By Patryk Wasilewski And Martin M. Sobczyk 

WARSAW--The Polish government said it would close four coal mines to stave off bankruptcy at Europe's largest coal producer, a plan that was met with labor-union protests on Thursday.

Several hundred miners stayed underground after their shifts on Thursday to protest the plan that would see four mines belonging to Kompania Weglowa SA in the south of Poland closed down and 10 bailed out by state-controlled companies. Kompania Weglowa is owned by the government and isn't publicly traded.

Coal-rich Poland, which uses the resource for almost all of its power generation, has for years struggled to put its mining sector on a solid footing. While Kompania Weglowa's woes have stretched over most of the past year, global coal prices have been hit hard recently by the rapid fall in the global price of oil. The low prices in global markets have meant imports are cheaper than domestically extracted coal, pushing Kompania Weglowa to the brink of bankruptcy.

The company posted a loss equivalent to about $110 million for January through November last year, and the loss it is taking on every metric ton of coal produced is around $18, government officials said this week.

A radical restructuring is the only alternative to a bankruptcy, Prime Minister Ewa Kopacz said on Tuesday. Kompania Weglowa is projected to post a loss of another $260 million through May even if it unloads four of its most troubled mines to a special entity that will liquidate them, the government said.

To prevent an uncontrolled failure of the company that has 49,000 employees, the government wants other companies to save the most promising coal mines, while some $630 million would be spent on severance packages over two years.

Coal trader Weglokoks and state-controlled power utilities are at the heart of the rescue plan for the 10 coal mines the government wants to save.
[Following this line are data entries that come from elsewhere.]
-- ===== src/Tests/Path.antt =====
-- internal/webpath, internal/platform/systemresolver and internal/nettarget: a website at one public
-- address, which answers over plain HTTP.
use reachrun.Prelude.{
  ℕ, true, false, none, some, List, [], ◌∷◌, Bytes, codes, is_empty, ap, ◌≡◌, refl, ok, err, pos,
  negsuc, All, IfSome, bytes_eq, trim_suffix, cut, has_prefix, strip_prefix, check_all, split_last,
  ◌⊎◌, ◌↔◌, ◌||◌,
}
use reachrun.Probe.{Outcome, Capability, Source, Platform, Timestamp}
use reachrun.NetTarget.Address.{Addr, ip4}
use reachrun.NetTarget.Hostname.{
  split, check_label, ends_with_byte, check_web_hostname, normalize_web_hostname,
}
use reachrun.NetTarget.Accepted.{normalize_web_hostname-kept}
use reachrun.NetTarget.RequestTarget.{
  Url, normalize_web_request_target, check_request_target, validate_raw_query,
}
use reachrun.SystemResolver
use reachrun.SystemResolver.{Address, Resolution}
use reachrun.SystemResolver.Checks.{validate_resolution}
use reachrun.SystemResolver.Resolve
use reachrun.SystemResolver.Resolve.{Lookup, ContextError, active, resolve}
use reachrun.SystemResolver.Valid.{IsSound, resolve-valid}
use reachrun.WebObservation.{scheme_of, Observation, Family, HttpObservation}
use reachrun.WebObservation.Checks.{EvidenceLibrary}
use reachrun.WebPath.{
  redirect_location_unavailable, redirect_target_unsafe, redirect_target_invalid,
}
use reachrun.WebPath.Candidates.{no_counts, select_from}
use reachrun.WebPath.Dialled.{IsCandidate, select_from-All}
use reachrun.WebPath.Redirect.{redirect_target, check_redirect}
use reachrun.WebPath.WebUrl.{IsWebUrl, root_url-IsWebUrl}
use reachrun.WebPath.Redirected.{redirect_target-IsWebUrl, redirect_target-reason}
use reachrun.WebPath.Hops.{World, observe_hop}
use reachrun.WebPath.Checks.Hop.{validate_hop}
use reachrun.WebPath.HopAccepted.{observe_hop-valid}
use reachrun.WebPath.Observe.{root_url, observe}
use reachrun.WebPath.Limits.{WithinLimits, observe-WithinLimits}
use reachrun.WebPath.Checks.{validate_report}
use reachrun.WebPath.ReportChecked.{IsReporter}
use reachrun.WebPath.ReportAccepted.{observe-valid}
use reachrun.Tests.Web.{
  toy_parse, after_scheme, toy_net, toy_urls, addr_bytes, toy_net-IsNetLibrary,
  toy_urls-IsWebLibrary,
}

abbrev host : Bytes
host = codes "example.com"

abbrev public_ip : Addr
public_ip = ip4 8 8 8 8

abbrev platform : Platform
platform = record { os = codes "linux"; arch = codes "amd64" }

abbrev source : Source
source = record { backend = codes "go"; capability = Capability.native; reason = [] }

-- A time of another zone, and one of UTC.
abbrev local_time : Timestamp
local_time = record { is_zero = false; offset_is_zero = false }

abbrev now : Timestamp
now = record { is_zero = false; offset_is_zero = true }

-- A lookup that finds one address twice.
abbrev resolver_world : Resolve.World
resolver_world = record {
  source = source;
  platform = platform;
  lookup = λ name. Lookup.found (some public_ip ∷ some public_ip ∷ []);
  context_behind = active;
  finished_at = local_time;
  elapsed_ms = pos 12;
  context_text = codes "cancelled";
  error_text = codes "error";
}

resolver_world-IsSound : IsSound resolver_world
resolver_world-IsSound = record {
  time = refl;
  platform = (refl, refl);
  backend = refl;
  source = refl;
}

resolve-valid_example : validate_resolution toy_net (resolve toy_net resolver_world host) ≡ ok tt
resolve-valid_example =
    resolve-valid toy_net toy_net-IsNetLibrary resolver_world resolver_world-IsSound host

abbrev resolution : Resolution
resolution = resolve toy_net resolver_world host

accepted_host : check_web_hostname toy_net host ≡ ok tt
unfolding check_web_hostname check_all split check_label ends_with_byte split_last
accepted_host = refl

normalize_web_hostname-kept_example : normalize_web_hostname toy_net host ≡ (host, ok tt)
normalize_web_hostname-kept_example =
    normalize_web_hostname-kept toy_net host accepted_host refl refl

-- What the resolution lists, with a private address behind.
abbrev addresses : List Address
addresses =
    record { ip = addr_bytes public_ip; family = SystemResolver.ipv4 }
    ∷ record { ip = addr_bytes (ip4 10 0 0 1); family = SystemResolver.ipv4 }
    ∷ []

select_from-All_example :
    All
      (IsCandidate toy_net toy_net-IsNetLibrary addresses)
      (select_from toy_net no_counts addresses)
select_from-All_example = select_from-All toy_net toy_net-IsNetLibrary no_counts addresses

abbrev url : Url
url = root_url (codes "http") host

url-IsWebUrl : IsWebUrl toy_net toy_urls url
unfolding bytes_eq scheme_of
url-IsWebUrl =
    root_url-IsWebUrl toy_net toy_urls toy_urls-IsWebLibrary (codes "http") host refl accepted_host

-- A response that redirects to that URL, and one without a location.
abbrev response : HttpObservation
response = record {
  protocol = codes "HTTP/1.1";
  status_code = pos 302;
  ttfb_ms = pos 3;
  location = toy_urls.text url;
  location_omitted = false;
  retry_after = [];
  retry_after_omitted = false;
}

abbrev nowhere : HttpObservation
nowhere = record response { location = [] }

redirected : redirect_target toy_net toy_urls url response ≡ ok url
unfolding redirect_target toy_parse after_scheme check_redirect normalize_web_hostname
    check_web_hostname check_all split check_label ends_with_byte split_last trim_suffix
    normalize_web_request_target check_request_target validate_raw_query cut has_prefix strip_prefix
    scheme_of bytes_eq
redirected = refl

redirect_target-IsWebUrl_example : IsWebUrl toy_net toy_urls url
redirect_target-IsWebUrl_example =
    redirect_target-IsWebUrl toy_net toy_urls toy_urls-IsWebLibrary url url response redirected

not_redirected : redirect_target toy_net toy_urls url nowhere ≡ err redirect_location_unavailable
unfolding redirect_target
not_redirected = refl

redirect_target-reason_example :
    ((redirect_location_unavailable ≡ redirect_location_unavailable)
      ↔ (false || is_empty {A = ℕ} [] ≡ true))
    × ((false || is_empty {A = ℕ} [] ≡ false)
        → (redirect_location_unavailable ≡ redirect_target_unsafe)
          ⊎ (redirect_location_unavailable ≡ redirect_target_invalid))
redirect_target-reason_example =
    redirect_target-reason toy_net toy_urls toy_urls-IsWebLibrary url nowhere
      redirect_location_unavailable not_redirected

-- The evidence library, and an observation of the address.
abbrev evidence_library : EvidenceLibrary
evidence_library = record {
  parse_addr_port = λ text. some (public_ip, 80);
  addr_port_text = λ a port. codes "8.8.8.8:80";
  valid_utf8 = λ text. true;
  before = λ s t. true;
  plus_ms = λ t ms. t;
  minus_ms = λ t ms. t;
}

abbrev observation : Observation
observation = record {
  schema = 1;
  probe = codes "web_observation";
  observed_at = now;
  duration_ms = pos 20;
  platform = platform;
  source = source;
  input = record {
    scheme = codes "http";
    hostname = host;
    dial_ip = addr_bytes public_ip;
    family = Family.ipv4;
    port = 80;
    method = codes "GET";
    path = codes "/";
    raw_query = [];
  };
  outcome = Outcome.succeeded;
  evidence = some (record {
    remote_endpoint = codes "8.8.8.8:80";
    tcp_connect_ms = pos 2;
    tls = none;
    http = record response { status_code = pos 200; location = [] };
  });
  failure = none;
}

abbrev world : World
world = record {
  net = toy_net;
  urls = toy_urls;
  evidence = evidence_library;
  platform = platform;
  contexts = λ time. record { parent = active; attempt = active };
  resolver = λ time name. resolve toy_net resolver_world name;
  web = λ time request. observation;
}

observe_hop-valid_example :
    IfSome (λ h. validate_hop world platform h ≡ ok url) Unit (observe_hop world url 0).hop
observe_hop-valid_example = observe_hop-valid world toy_urls-IsWebLibrary url url-IsWebUrl 0

observe-WithinLimits_example :
    IfSome WithinLimits ⊥
      (observe world (record { finished_at = local_time; elapsed_ms = negsuc 4 }) host)
observe-WithinLimits_example =
    observe-WithinLimits world (record { finished_at = local_time; elapsed_ms = negsuc 4 }) host

world-IsReporter : IsReporter world (record { finished_at = local_time; elapsed_ms = negsuc 4 })
world-IsReporter = record { time = refl; platform = (refl, refl) }

observe-valid_example :
    IfSome
      (λ report. validate_report world report ≡ ok tt)
      ⊥
      (observe world (record { finished_at = local_time; elapsed_ms = negsuc 4 }) host)
observe-valid_example =
    observe-valid world (record { finished_at = local_time; elapsed_ms = negsuc 4 })
      toy_urls-IsWebLibrary world-IsReporter host
      (ap (λ r. r.1) normalize_web_hostname-kept_example)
Weglokoks, supervised directly by the government, will inject capital into a new company that will continue to operate the mines. Listed power companies will be given offers for injecting capital "on market terms," according to the government.
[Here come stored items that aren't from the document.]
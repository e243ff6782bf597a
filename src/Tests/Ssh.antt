-- ===== src/Tests/Ssh.antt =====
-- internal/sshobservation on a server that sends one preamble line and its identification.
use reachrun.Prelude.{
  ℕ, zero, suc, true, false, Option, none, some, [], ◌∷◌, ◌≡◌, ◌↔◌, refl, arith, Bytes, codes,
  length, has_prefix, split_last, cut, bytes_eq, ok,
}
use reachrun.Ssh.Identification.{Identification, parse_identification_line, strip_cr}
use reachrun.Ssh.Identification.Exact.{IsIdentificationLine, parse_identification_line_iff}
use reachrun.Ssh.Exchange.{
  Conn, Written, Line, Session, client_line, write_all, read_server_line, exchange_identification,
  exchange_step, exchange_loop, after_write,
}
use reachrun.Ssh.Exchange.Reading.{IsRead, read_server_line-IsRead}
use reachrun.Ssh.Exchange.Bounds.{
  IsWriter, IsWritten, write_all-IsWritten, Promises, exchange_identification-IsExchange,
}

abbrev byte_at : Bytes → ℕ → Option ℕ
byte_at [] k = none
byte_at (x ∷ xs) zero = some x
byte_at (x ∷ xs) (suc k) = byte_at xs k

abbrev sent : Bytes
sent = codes "hello\nSSH-2.0-Test\r\n"

abbrev server : Conn
server = record {
  write = λ _ text. record { count = length text; error = none };
  read = λ k. record { byte = byte_at sent k; error = none };
}

server-IsWriter : IsWriter server
server-IsWriter = record { count_fits = λ k text. omega arith }

abbrev identification : Identification
identification = record {
  raw = codes "SSH-2.0-Test";
  protocol_version = codes "2.0";
  software_version = codes "Test";
  comments = [];
  preamble_lines = 0;
  client_line_sent = false;
}

exchange-server :
    exchange_identification server
    ≡ some (record {
      taken = client_line;
      returned = record {
        parsed = record identification { preamble_lines = 1; client_line_sent = true };
        error = none;
        reads = 20;
      };
    })
unfolding exchange_identification after_write exchange_loop exchange_step write_all read_server_line
    has_prefix parse_identification_line split_last strip_cr cut bytes_eq
exchange-server = refl

write_all-IsWritten_example :
    (w : Written) × (write_all server (codes "abc") ≡ some w) × IsWritten (codes "abc") w
write_all-IsWritten_example = write_all-IsWritten server (codes "abc") server-IsWriter

read_server_line-IsRead_example :
    (l : Line) × (read_server_line server 4096 0 ≡ some l) × IsRead server 4096 0 l
read_server_line-IsRead_example = read_server_line-IsRead server 4096 0

exchange_identification-IsExchange_example :
    (s : Session) × (exchange_identification server ≡ some s) × Promises server s
exchange_identification-IsExchange_example =
    exchange_identification-IsExchange server server-IsWriter

parse_identification_line_iff_example :
    (parse_identification_line (codes "SSH-2.0-Test\r\n") ≡ ok identification)
    ↔ IsIdentificationLine (codes "SSH-2.0-Test\r\n") identification
parse_identification_line_iff_example =
    parse_identification_line_iff (codes "SSH-2.0-Test\r\n") identification
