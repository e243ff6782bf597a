-- ===== src/TlsRetry.antt =====
-- internal/tlsretrybatch: the retry sequence of one target (observer.go, retry.go), the request
-- (normalize.go) and the checks (validate.go). The TLS probe, the clock and the other workers are parameters.
pub mod Attempts
pub mod Checks
pub mod Valid
pub mod Normalize
pub mod Scheduled
use reachrun.Prelude.{
  ℕ, zero, suc, ◌+◌, ◌*◌, ◌/◌, Bool, true, false, not, ◌&&◌, ◌||◌, Option, none, some, List, [],
  ◌∷◌, ◌++◌, ltb, ◌==◌, if◌then◌else◌, Bytes, codes, bytes_eq, length, is_empty, ℤ, pos, negsuc,
}
use reachrun.Probe.{Outcome, Platform, Source, Failure, Envelope}

abbrev pub attempt_limit : ℕ
attempt_limit = 3

-- Durations are nanoseconds.
abbrev pub millisecond : ℕ
millisecond = 1000000

abbrev pub backoff_min : ℕ
backoff_min = 100 * millisecond

abbrev pub backoff_max : ℕ
backoff_max = 300 * millisecond

abbrev pub failure_tcp_timeout : Bytes
failure_tcp_timeout = codes "tcp_timeout"

abbrev pub failure_tcp_connection_reset : Bytes
failure_tcp_connection_reset = codes "tcp_connection_reset"

pub data TlsStatus : Type 0 where
  completed unconfirmed : TlsStatus
  unsupported : Bytes → TlsStatus

pub data UnconfirmedReason : Type 0 where
  absent handshake_timeout connection_closed connection_reset : UnconfirmedReason
  handshake_failure exchange_failure : UnconfirmedReason
  unsupported : Bytes → UnconfirmedReason

-- A TLS observation's input, and the fields of its evidence that this package reads.
pub record TlsInput : Type 0 where
  pub dial_ip : Bytes
  pub family : Bytes
  pub port : ℕ
  pub sni_mode : Bytes
  pub identity_verification : Bytes

pub record TlsEvidence : Type 0 where
  pub status : TlsStatus
  pub unconfirmed_reason : UnconfirmedReason

abbrev pub Observation : Type 0
Observation = Envelope TlsInput TlsEvidence

pub data TargetStatus : Type 0 where
  completed interrupted not_started : TargetStatus
  unsupported : Bytes → TargetStatus

pub record Attempt : Type 0 where
  pub number : ℕ
  pub retry_delay_ms : ℕ
  pub observation : Observation

-- `attempts_nil` is whether the slice is nil, which the checks tell from an empty one.
pub record TargetResult : Type 0 where
  pub dial_ip : Bytes
  pub family : Bytes
  pub status : TargetStatus
  pub attempts : List Attempt
  pub attempts_nil : Bool

unfoldable pub should_retry_code : Option Failure → Bool
should_retry_code none = false
should_retry_code (some f) =
    bytes_eq f.code failure_tcp_timeout || bytes_eq f.code failure_tcp_connection_reset

abbrev is_transient : UnconfirmedReason → Bool
is_transient handshake_timeout = true
is_transient connection_reset = true
is_transient _ = false

unfoldable pub should_retry_evidence : Option TlsEvidence → Bool
should_retry_evidence none = false
should_retry_evidence (some e) = elim e.status [
  | TlsStatus.unconfirmed ↦ is_transient e.unconfirmed_reason
  | _ ↦ false
]

unfoldable pub should_retry : Observation → Bool
should_retry o = elim o.outcome [
  | Outcome.failed ↦ should_retry_code o.failure
  | Outcome.succeeded ↦ should_retry_evidence o.evidence
  | _ ↦ false
]

unfoldable pub input_eq : TlsInput → TlsInput → Bool
input_eq a b =
    bytes_eq a.dial_ip b.dial_ip
    && bytes_eq a.family b.family
    && (a.port == b.port)
    && bytes_eq a.sni_mode b.sni_mode
    && bytes_eq a.identity_verification b.identity_verification

-- `expectedTLSInput`; the family of an address is `netip`'s.
abbrev pub expected_tls_input : (Bytes → Bytes) → Bytes → TlsInput
expected_tls_input target_family target = record {
  dial_ip = target;
  family = target_family target;
  port = 443;
  sni_mode = codes "omitted_no_hostname";
  identity_verification = codes "not_performed_no_hostname";
}

abbrev pub interrupt_target : TargetResult → TargetResult
interrupt_target t = record t { status = if is_empty t.attempts then not_started else interrupted }

abbrev pub is_cancelled : Outcome → Bool
is_cancelled Outcome.cancelled = true
is_cancelled _ = false

abbrev pub is_succeeded : Outcome → Bool
is_succeeded Outcome.succeeded = true
is_succeeded _ = false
Poland's biggest power company, PGE Polska Grupa Energetyczna SA, as well as the second-largest utility, Tauron Polska Energia SA, declined to comment on the government proposal. Both are controlled by the Polish government.

A trade union operating in the coal industry said it would organize large-scale protests, including a general strike, if the government doesn't drop the plan. Trade unions at another coal miner, Jastrzebska Spolka Weglowa SA, refused to discuss measures aimed at cutting costs and benefits, the company said on Thursday.

Even with the worst-performing mines spun off, the new coal company taking over from Kompania Weglowa will be in dire need of restructuring and capital. The new owners will foot the bill and oversee the necessary changes, with most of the financial burden likely to go to coal trader Weglokoks and power utility PGE, said Artur Iwanski, director at PKO BP brokerage.

PGE and Tauron, the two state-controlled utilities in Warsaw's blue-chip WIG 20, were the only components of the index in the red on Thursday, with WIG 20 finishing the day 2.3% higher. PGE closed 0.2% lower and Tauron was 0.6% lower.

"For the utilities, the plan is slightly negative," Mr. Iwanski said, with the acquisition price being the key factor for the companies' future earnings.

The Polish government said it plans to rush the restructuring plan through parliament.

It also said it plans to consolidate the power generation sector into a bigger company that will include PGE and Tauron, as well as two other state-controlled companies Enea SA and Energa SA.

"The future of energy is competition on a European scale," said Treasury Minister Wojciech Karpinski, whose ministry supervises the companies. "Today, Polish energy firms are small compared with the largest European players. Our goal is to increase the role and weight of Polish electricity players in the European market."

Poland hopes the economies of scale will enable the new bigger venture to cut production costs, the government said. The four companies it plans to tie up together are a product of an earlier consolidation of regional power distributors.